Previous estimates of NCP in Arctic cryoconite holes have been similarly low to those of the present study (–0.6 to –1.8μgCg⁻¹ d⁻¹; Table 3). Previous mean measurements of photosynthesis using the ¹⁴C method have all been <1.3 μgCg⁻¹ d⁻¹ (Table 3). As discussed above, the ecological significance of the 24hour ¹⁴C data is uncertain; however, the low ¹⁴C rates are consistent with a closely balanced or net heterotrophic ecosystem. This study therefore supports the conclusion that photosynthesis in cryoconite holes has at most a small, and more likely a negligible, impact on the net creation of organic matter, suggesting instead that organic matter may be derived largely from allochthonous sources (Stibal and others, 2008a; Hodson and others, 2010b). The major impact microbes can have in affecting the albedo of glaciers is then through the transformation and cementing together of allochthonous organic matter, rather than through the net creation of new dark organic matter (Hodson and others, 2010b).

Conclusions

This study compares different closed-bottle incubation methods of determining rates of gross photosynthesis, respiration and NCP in a range of cryoconite holes on three different valley glaciers in Svalbard. Rates of photosynthesis, respiration and NCP were determined by ΔO₂ and ΔCO₂ after 24 hour incubations. Rates of photosynthesis were also estimated using the ¹⁴C method in parallel 24 hour incubations.

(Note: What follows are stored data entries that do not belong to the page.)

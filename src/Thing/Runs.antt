-- ===== src/Thing/Runs.antt =====
-- pkg/model/thing/manager.go: sequences of operations on the things of a tenant.
use mathlib.Core.Path.{subst}
use mathlib.Core.List.{Memᴰ}
use harns.Prelude.{
  ℕ, suc, ◌<◌, ◌≡◌, ◌≢◌, refl, sym, ap, ◌∙◌, inl, inr, arith, true, false, none, some, some-inj,
  none-ne-some, List, [], Bool-cases, Option-cases, if◌then◌else◌, not,
}
use harns.Prelude.Bytes.{eq_bytes, eq_bytes→eq, eq_bytes_self}
use harns.Prelude.Dict.{Dict, load, store, delete, load-delete}
use harns.Thing.{Thing, ThingType, NewThing, done, guard_done, done-inj, failed-ne-done, not_exist}
use harns.Thing.Types.{is_empty}
use harns.Thing.Stored.{load-Mem, store-Mem, delete-Mem}
use harns.Thing.Inherit.{values}
use harns.Thing.Things.{ThingEnv, create_thing, delete_thing, orphan, pointer_to}
use harns.Thing.Update.{update}
use harns.Thing.Children.{IsOwned}
use harns.Thing.Cycle.{IsAcyclic}
use harns.Thing.Moves.{IsKeyed, IsSavingThing}
use harns.Thing.Acyclic.{IsWellFormed, store-IsKeyed, store-IsOwned, update-IsWellFormed}
use harns.Thing.Creation.{create_thing-entry}

-- An identifier that no thing has, as its own or as its parent's, as that of a new UUID.
unfoldable pub IsFresh : Dict Thing → List ℕ → Type 0
IsFresh things id =
    (is_empty id ≡ false)
    × ((t : Thing)
        → Memᴰ t (values things)
        → (eq_bytes t.meta.id id ≡ false) × (t.parent ≢ some id))

create_thing-IsWellFormed :
    (fuel : ℕ) (env : ThingEnv) (types : Dict ThingType) (things things' : Dict Thing)
    (obj : NewThing) (made : Thing)
    → IsSavingThing env
    → IsFresh things env.uuid
    → IsWellFormed env.tenant things
    → create_thing fuel env types things obj ≡ done (things', made)
    → IsWellFormed env.tenant things'
unfolding IsWellFormed IsFresh IsAcyclic
create_thing-IsWellFormed fuel env types things things' obj made saving (named, fresh)
      (owned, keyed, acyclic) h =
    let (height, rises) = acyclic in
    let (new, i, n, p, e) = create_thing-entry fuel env types things things' obj made saving h in
    let own : eq_bytes env.tenant new.meta.tenant ≡ true =
      ap (eq_bytes env.tenant) n ∙ eq_bytes_self env.tenant in
    let height' : List ℕ → ℕ = λ x. if eq_bytes x env.uuid then 0 else suc (height x) in
    let rises' : (t : Thing) (q : List ℕ)
        → Memᴰ t (values (store things env.uuid new))
        → t.parent ≡ some q
        → height' t.meta.id < height' q =
      λ t q m to. elim (store-Mem things env.uuid new t m) [
        | inr there ↦
            let (other, apart) = fresh t there in
            let up : eq_bytes q env.uuid ≡ false = elim (Bool-cases (eq_bytes q env.uuid)) [
              | inl same ↦ absurd (apart (to ∙ ap some (eq_bytes→eq q env.uuid same)))
              | inr differ ↦ differ
            ] in
            let low = rises t q there to in rw (other, up) (omega arith)
        | inl same ↦
            let now : pointer_to things obj.parent_id ≡ some q =
              sym (ap (λ (x : Thing). x.parent) same ∙ p) ∙ to in
            let from : eq_bytes t.meta.id env.uuid ≡ true =
              ap (λ (x : List ℕ). eq_bytes x env.uuid) (ap (λ (x : Thing). x.meta.id) same ∙ i)
              ∙ eq_bytes_self env.uuid in
            elim (Option-cases (load things obj.parent_id)) [
              | inl gone ↦ absurd (none-ne-some q (rw (pointer_to, gone) at now))
              | inr (parent, l) ↦
                  let to' : parent.meta.id ≡ q = some-inj (rw (pointer_to, l) at now) in
                  let up : eq_bytes q env.uuid ≡ false =
                    ap (λ (x : List ℕ). eq_bytes x env.uuid) (sym to')
                    ∙ (fresh parent (load-Mem things obj.parent_id parent l)).0 in
                  rw (from, up) (omega arith)
            ]
      ] in
    subst (λ (d : Dict Thing). IsWellFormed env.tenant d) (sym e)
      (
        store-IsOwned env.tenant things env.uuid new owned own (ap is_empty i ∙ named),
        store-IsKeyed things env.uuid new keyed i,
        (height', rises'),
      )

pub delete-IsWellFormed :
    (tenant : List ℕ) (things : Dict Thing) (id : List ℕ)
    → IsWellFormed tenant things
    → IsWellFormed tenant (delete things id)
unfolding IsWellFormed IsOwned IsKeyed IsAcyclic
delete-IsWellFormed tenant things id (owned, keyed, acyclic) =
    let (height, rises) = acyclic in
    (
      λ t m. owned t (delete-Mem things id t m),
      λ k t l. elim (Bool-cases (eq_bytes id k)) [
        | inl q ↦ absurd (none-ne-some t (sym (load-delete things id k ∙ rw q refl) ∙ l))
        | inr q ↦ keyed k t (sym (load-delete things id k ∙ rw q refl) ∙ l)
      ],
      (height, λ t p m to. rises t p (delete-Mem things id t m) to),
    )

pub delete_thing-deletes :
    (env : ThingEnv) (things things' : Dict Thing) (id version : List ℕ) (gone : Thing)
    → delete_thing env things id version ≡ done (things', gone)
    → (things' ≡ delete things id) × (load things id ≡ some gone)
unfolding delete_thing
delete_thing-deletes env things things' id version gone h = elim (Option-cases (load things id)) [
  | inl n ↦ absurd (failed-ne-done not_exist (things', gone) (rw (delete_thing, n) at h))
  | inr (t, l) ↦
      let (same, h1) =
        guard_done (not (eq_bytes t.meta.version version)) _ _ _ (rw (delete_thing, l) at h) in
      let (r, h2) = guard_done (not (env.remove id version)) _ _ _ h1 in
      let e : (delete things id, t) ≡ (things', gone) = done-inj _ _ h2 in
      (
        sym (ap (λ (x : Dict Thing × Thing). x.0) e),
        l ∙ ap some (ap (λ (x : Dict Thing × Thing). x.1) e),
      )
]

-- A thing that stands alone may be stored under its identifier.
alone-IsWellFormed :
    (tenant : List ℕ) (things : Dict Thing) (t alone : Thing)
    → Memᴰ t (values things)
    → alone.parent ≡ none
    → alone.meta.id ≡ t.meta.id
    → alone.meta.tenant ≡ t.meta.tenant
    → IsWellFormed tenant things
    → IsWellFormed tenant (store things t.meta.id alone)
unfolding IsWellFormed IsOwned IsAcyclic
alone-IsWellFormed tenant things t alone m none_left i n (owned, keyed, acyclic) =
    let (height, rises) = acyclic in
    let (mine, named) = owned t m in
    (
      store-IsOwned tenant things t.meta.id alone owned (ap (eq_bytes tenant) n ∙ mine)
          (ap is_empty i ∙ named),
      store-IsKeyed things t.meta.id alone keyed i,
      (
        height,
        λ x p m' to. elim (store-Mem things t.meta.id alone x m') [
          | inr there ↦ rises x p there to
          | inl same ↦
              absurd (none-ne-some p (sym (ap (λ (y : Thing). y.parent) same ∙ none_left) ∙ to))
        ],
      ),
    )

orphan-IsWellFormed :
    (env : ThingEnv) (things : Dict Thing) (t : Thing)
    → IsSavingThing env
    → Memᴰ t (values things)
    → IsWellFormed env.tenant things
    → IsWellFormed env.tenant (orphan env things t)
unfolding IsSavingThing
orphan-IsWellFormed env things t saving m formed =
    elim (Option-cases (env.save (record t { parent = none }))) [
      | inl n ↦
          rw (orphan, n)
            (alone-IsWellFormed env.tenant things t (record t { parent = none }) m refl refl refl
              formed)
      | inr (saved, s) ↦
          let (p, i, n) = saving (record t { parent = none }) saved s in
          rw (orphan, s) (alone-IsWellFormed env.tenant things t _ m p i n formed)
    ]

-- The things that a tenant's calls make of an empty map. Each call has its own surroundings, in which
-- the store answers with the thing that it was given and a new identifier is fresh; a round of the
-- loops that `deleteThing` starts for the children may come at any time.
pub data IsReachable (tenant : List ℕ) : Dict Thing → Type 0 where
  start : IsReachable tenant []
  created :
      {things things' : Dict Thing} (fuel : ℕ) (env : ThingEnv) (types : Dict ThingType)
      (obj : NewThing) (made : Thing)
      → env.tenant ≡ tenant
      → IsSavingThing env
      → IsFresh things env.uuid
      → create_thing fuel env types things obj ≡ done (things', made)
      → IsReachable tenant things
      → IsReachable tenant things'
  updated :
      {things things' : Dict Thing} (fuel : ℕ) (env : ThingEnv) (id version : List ℕ)
      (obj : NewThing) (t : Thing)
      → env.tenant ≡ tenant
      → IsSavingThing env
      → update fuel env things id version obj ≡ done (things', t)
      → IsReachable tenant things
      → IsReachable tenant things'
  deleted :
      {things things' : Dict Thing} (env : ThingEnv) (id version : List ℕ) (gone : Thing)
      → delete_thing env things id version ≡ done (things', gone)
      → IsReachable tenant things
      → IsReachable tenant things'
  orphaned :
      {things : Dict Thing} (env : ThingEnv) (t : Thing)
      → env.tenant ≡ tenant
      → IsSavingThing env
      → Memᴰ t (values things)
      → IsReachable tenant things
      → IsReachable tenant (orphan env things t)

-- Whatever calls a tenant makes on an empty map, one after the other and in any order, the things are
-- well-formed: each is of the tenant and stands under its own identifier, and none stands below itself.
-- New identifiers are fresh, and the store answers with the thing that it was given.
pub reachable-IsWellFormed :
    (tenant : List ℕ) (things : Dict Thing) → IsReachable tenant things → IsWellFormed tenant things
unfolding IsWellFormed IsOwned IsKeyed IsAcyclic
reachable-IsWellFormed tenant things start =
    (λ t m. elim m [ ], λ k t l. absurd (none-ne-some t l), (λ x. 0, λ t p m to. elim m [ ]))
reachable-IsWellFormed tenant things'
      (created {things = things} fuel env types obj made own saving fresh h run) =
    subst (λ (x : List ℕ). IsWellFormed x things') own
      (create_thing-IsWellFormed fuel env types things things' obj made saving fresh
        (subst (λ (x : List ℕ). IsWellFormed x things) (sym own)
          (reachable-IsWellFormed tenant things run))
        h)
reachable-IsWellFormed tenant things'
      (updated {things = things} fuel env id version obj t own saving h run) =
    subst (λ (x : List ℕ). IsWellFormed x things') own
      (update-IsWellFormed fuel env things things' id version obj t saving
        (subst (λ (x : List ℕ). IsWellFormed x things) (sym own)
          (reachable-IsWellFormed tenant things run))
        h)
reachable-IsWellFormed tenant things' (deleted {things = things} env id version gone h run) =
    subst (λ (d : Dict Thing). IsWellFormed tenant d)
      (sym ((delete_thing-deletes env things things' id version gone h).0))
      (delete-IsWellFormed tenant things id (reachable-IsWellFormed tenant things run))
reachable-IsWellFormed tenant things' (orphaned {things = things} env t own saving m run) =
    subst (λ (x : List ℕ). IsWellFormed x (orphan env things t)) own
      (orphan-IsWellFormed env things t saving m (
        subst (λ (x : List ℕ). IsWellFormed x things) (sym own)
          (reachable-IsWellFormed tenant things run)))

Rates of gross photosynthesis and respiration measured by the ΔCO2 method were closely balanced (means of 17.3 and 20.1 μgCg⁻¹ d⁻¹, respectively). The molar ratio of ΔO₂ :ΔCO₂ in incubations gave mean respiratory and photosynthetic quotients of 0.80 ± 0 . 1 7 (1 × SD) and 1.24± 0.20 (1 × SD), respectively. The mean NCP (ΔCO₂ method) was just –1.3 μgCg⁻¹ d⁻¹, close to the detection limit, and consistent with previous very low measurements of NCP in cryoconite holes in Svalbard and Greenland. This indicates that NCP has a negligible impact on the net creation of organic matter in cryoconite holes, and suggests instead that organic matter may be derived largely from allochthonous sources (Stibal and others, 2008a; Hodson and others, 2010b).

Rates of photosynthesis estimated by the ¹⁴C method were typically more than an order of magnitude lower than rates of gross photosynthesis estimated by the ΔCO₂ method and closer to (although not the same as) rates of NCP.